Regarding respiratory variables, we found a significant correlation between OI and the percentage of FO ≥ 5% (p = 0.001) and between the maximum cumulative percentage of FO (coefficient = 0.45, p = 0.001), similar to that reported by Sinitsky et al. at 48 hours (coefficient = 0.318, p < 0.001)9.
In our population, patients who spent more time on mechanical ventilation had a higher percentage of cumulative FO (p = 0.001), a result similar to that reported by Bellos et al.17, showing a direct relationship between the overload index and days on mechanical ventilation (coefficient = 0.53, p = 0.001). Sampaio et al. also reported a direct relationship (coefficient = 0.54, 95%CI 0.38-0.66, p = 0.001) between peak FO and days of mechanical ventilation and soft tissue edema or pleural effusions on chest X-rays (p = 0.03)18.
Intensive Care Unit stay was longer in patients with FO ≥ 5% (p < 0.001), while Arikan et al. reported that FO > 15% was a risk factor for more extended ICU stay (p = 0.008)8. In the multicenter study by Bellos et al., a significant correlation was reported between ICU stay (χ2 = 63.69, p = 0.0001) and hospital stay (χ2 = 18.84, p = 0.0001).17
Several studies in critically ill pediatric patients have found FO to be an independent risk factor for mortality. For example, Goldstein et al. studied 116 patients with multiorgan dysfunction secondary to sepsis or cardiogenic shock. These authors found a higher survival (p < 0.03) in patients with a lower %FO (14.2 ± 15.9) than those with a higher %FO (25.4 ± 32.9)19.
In neonatal cardiac surgery patients, FO ≥ 16% on the third postoperative day was an independent risk factor for an undesirable outcome, such as cardiac arrest (p = 0.0001), increased hospital stay (p = 0.04), and the need for surgical re-exploration (p = 0.0001)20.
In our study, seven patients died, representing 5% of the total; six belonged to the FO ≥ 5% group (p < 0.0001).
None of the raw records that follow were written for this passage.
-- ===== src/Protocol/Urpc/Ack.antt =====
-- `DecodeAck` accepts exactly the frames that `Encode` makes, and no frame with one wrong byte.
use devagent.Base.{
  ℕ, ◌≡◌, ◌≢◌, ◌↔◌, refl, sym, ap, true, List, [], ◌∷◌, ◌++◌, arith, ◌==◌, ==_iff, All, length, ok,
  length-append,
}
use native.Mathlib.Decide.{ℕ_discrete}
use devagent.Protocol.Bytes.{IsByte}
use devagent.Protocol.Urpc.{UrpcAck, header_ack, crc8, encode_ack, decode_ack}
use devagent.Protocol.Urpc.Crc.{crc8_single_byte}

==-self : (n : ℕ) → (n == n) ≡ true
==-self n = (==_iff n n).1 refl

pub decode_ack-encode_ack : (a : UrpcAck) → decode_ack (encode_ack a) ≡ ok a
unfolding decode_ack encode_ack
decode_ack-encode_ack a = rw (==-self (crc8 (a.seq ∷ a.status ∷ a.queue_depth ∷ []))) refl

-- A frame of five bytes that is accepted is the encoding of what was read.
encode_ack-decode_ack :
    (h s st q c : ℕ) (a : UrpcAck)
    → decode_ack (h ∷ s ∷ st ∷ q ∷ c ∷ []) ≡ ok a
    → h ∷ s ∷ st ∷ q ∷ c ∷ [] ≡ encode_ack a
unfolding decode_ack encode_ack
encode_ack-decode_ack h s st q c a e =
    ground (arith, ==_iff c (crc8 (s ∷ st ∷ q ∷ [])), ==_iff h header_ack)

-- Of the frames of five bytes, `DecodeAck` accepts an ACK exactly on its encoding.
pub decode_ack_iff :
    (frame : List ℕ) (a : UrpcAck)
    → length frame ≡ 5
    → (decode_ack frame ≡ ok a) ↔ (frame ≡ encode_ack a)
decode_ack_iff (h ∷ s ∷ st ∷ q ∷ c ∷ []) a five =
    (encode_ack-decode_ack h s st q c a, λ e. rw e (decode_ack-encode_ack a))
decode_ack_iff [] a five = absurd (omega arith)
decode_ack_iff (h ∷ []) a five = absurd (omega arith)
decode_ack_iff (h ∷ s ∷ []) a five = absurd (omega arith)
decode_ack_iff (h ∷ s ∷ st ∷ []) a five = absurd (omega arith)
decode_ack_iff (h ∷ s ∷ st ∷ q ∷ []) a five = absurd (omega arith)
decode_ack_iff (h ∷ s ∷ st ∷ q ∷ c ∷ x ∷ frame) a five = absurd (omega arith)

-- The byte of a body that its checksum fixes, the others being known.
crc8_fixes :
    (xs ys : List ℕ) (x v : ℕ)
    → All IsByte xs
    → All IsByte ys
    → IsByte x
    → IsByte v
    → crc8 (xs ++ x ∷ ys) ≡ crc8 (xs ++ v ∷ ys)
    → v ≡ x
crc8_fixes xs ys x v hx hy bx bv e = elim (ℕ_discrete v x) [
  | yes same ↦ same
  | no differ ↦ absurd (crc8_single_byte xs ys x v hx hy bx bv (λ same. differ (sym same)) e)
]

-- Two ACK frames that differ in one byte at most are the same.
single_byte :
    (a b : UrpcAck) (xs ys : List ℕ) (x v : ℕ)
    → IsByte a.seq × IsByte a.status × IsByte a.queue_depth
    → IsByte v
    → encode_ack a ≡ xs ++ x ∷ ys
    → encode_ack b ≡ xs ++ v ∷ ys
    → v ≡ x
unfolding encode_ack
single_byte a b [] ys x v bytes hv ea eb = ground arith
single_byte a b (h ∷ []) ys x v bytes hv ea eb =
    let ex : a.seq ≡ x = cc in
    let ev : b.seq ≡ v = cc in
    crc8_fixes [] (a.status ∷ a.queue_depth ∷ []) x v tt (bytes.1, (bytes.2, tt))
      (rw (← ex) bytes.0) hv cc
single_byte a b (h ∷ h1 ∷ []) ys x v bytes hv ea eb =
    let ex : a.status ≡ x = cc in
    let ev : b.status ≡ v = cc in
    crc8_fixes (a.seq ∷ []) (a.queue_depth ∷ []) x v (bytes.0, tt) (bytes.2, tt) (rw (← ex) bytes.1)
      hv cc
single_byte a b (h ∷ h1 ∷ h2 ∷ []) ys x v bytes hv ea eb =
    let ex : a.queue_depth ≡ x = cc in
    let ev : b.queue_depth ≡ v = cc in
    crc8_fixes (a.seq ∷ a.status ∷ []) [] x v (bytes.0, (bytes.1, tt)) tt (rw (← ex) bytes.2) hv cc
single_byte a b (h ∷ h1 ∷ h2 ∷ h3 ∷ []) ys x v bytes hv ea eb = cc
single_byte a b (h ∷ h1 ∷ h2 ∷ h3 ∷ h4 ∷ []) ys x v bytes hv ea eb = cc
single_byte a b (h ∷ h1 ∷ h2 ∷ h3 ∷ h4 ∷ h5 ∷ xs) ys x v bytes hv ea eb = cc

-- No ACK frame with exactly one byte changed to another byte is accepted, whichever byte it is: the
-- header, a field or the checksum.
pub decode_ack_corrupted :
    (a : UrpcAck) (xs ys : List ℕ) (x v : ℕ) (b : UrpcAck)
    → IsByte a.seq × IsByte a.status × IsByte a.queue_depth
    → IsByte v
    → v ≢ x
    → encode_ack a ≡ xs ++ x ∷ ys
    → decode_ack (xs ++ v ∷ ys) ≢ ok b
decode_ack_corrupted a xs ys x v b bytes hv differ split accepted =
    let lengths : length (xs ++ v ∷ ys) ≡ 5 =
      unfold encode_ack in
      omega (arith, length-append xs (v ∷ ys), length-append xs (x ∷ ys), ap length split) in
    let read = (decode_ack_iff (xs ++ v ∷ ys) b lengths).0 accepted in
    differ (single_byte a b xs ys x v bytes hv split (sym read))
Sutherland et al. and Hayes et al. showed a direct relationship between FO and mortality21,22. The former found that for each 1% increase in FO, mortality increased by 3% (OR 1.03, 95%CI 1.01-1.05). When patients showed %FO > 20, the OR for mortality was 8.5 (95%CI 2.8-25.7).21
Some strategies to reduce systemic inflammation after extracorporeal circulation are steroids and ultrafiltration. Both aim to reduce interleukins and cytokines that act as inflammatory mediators and are responsible for the increased vascular permeability that results in significant interstitial edema. Other strategies used in the ICU, such as water restriction of up to 25% of maintenance fluids in the first 24 hours and diuretics and kidney replacement therapies, such as early peritoneal dialysis, may decrease the incidence of FO23. In our study, 36 patients (27.6%) had AKI. Patients with FO ≥ 5% detected presented up to 71.4% (p < 0.001).
Age, weight, surgical complexity, and extracorporeal circulation time are associated with higher FO. Patients with FO ≥ 5% or a maximum FO peak show a higher OI and inotropic score and higher mortality. The presence of FO ≥ 5% increases days of mechanical ventilation and hospital stay.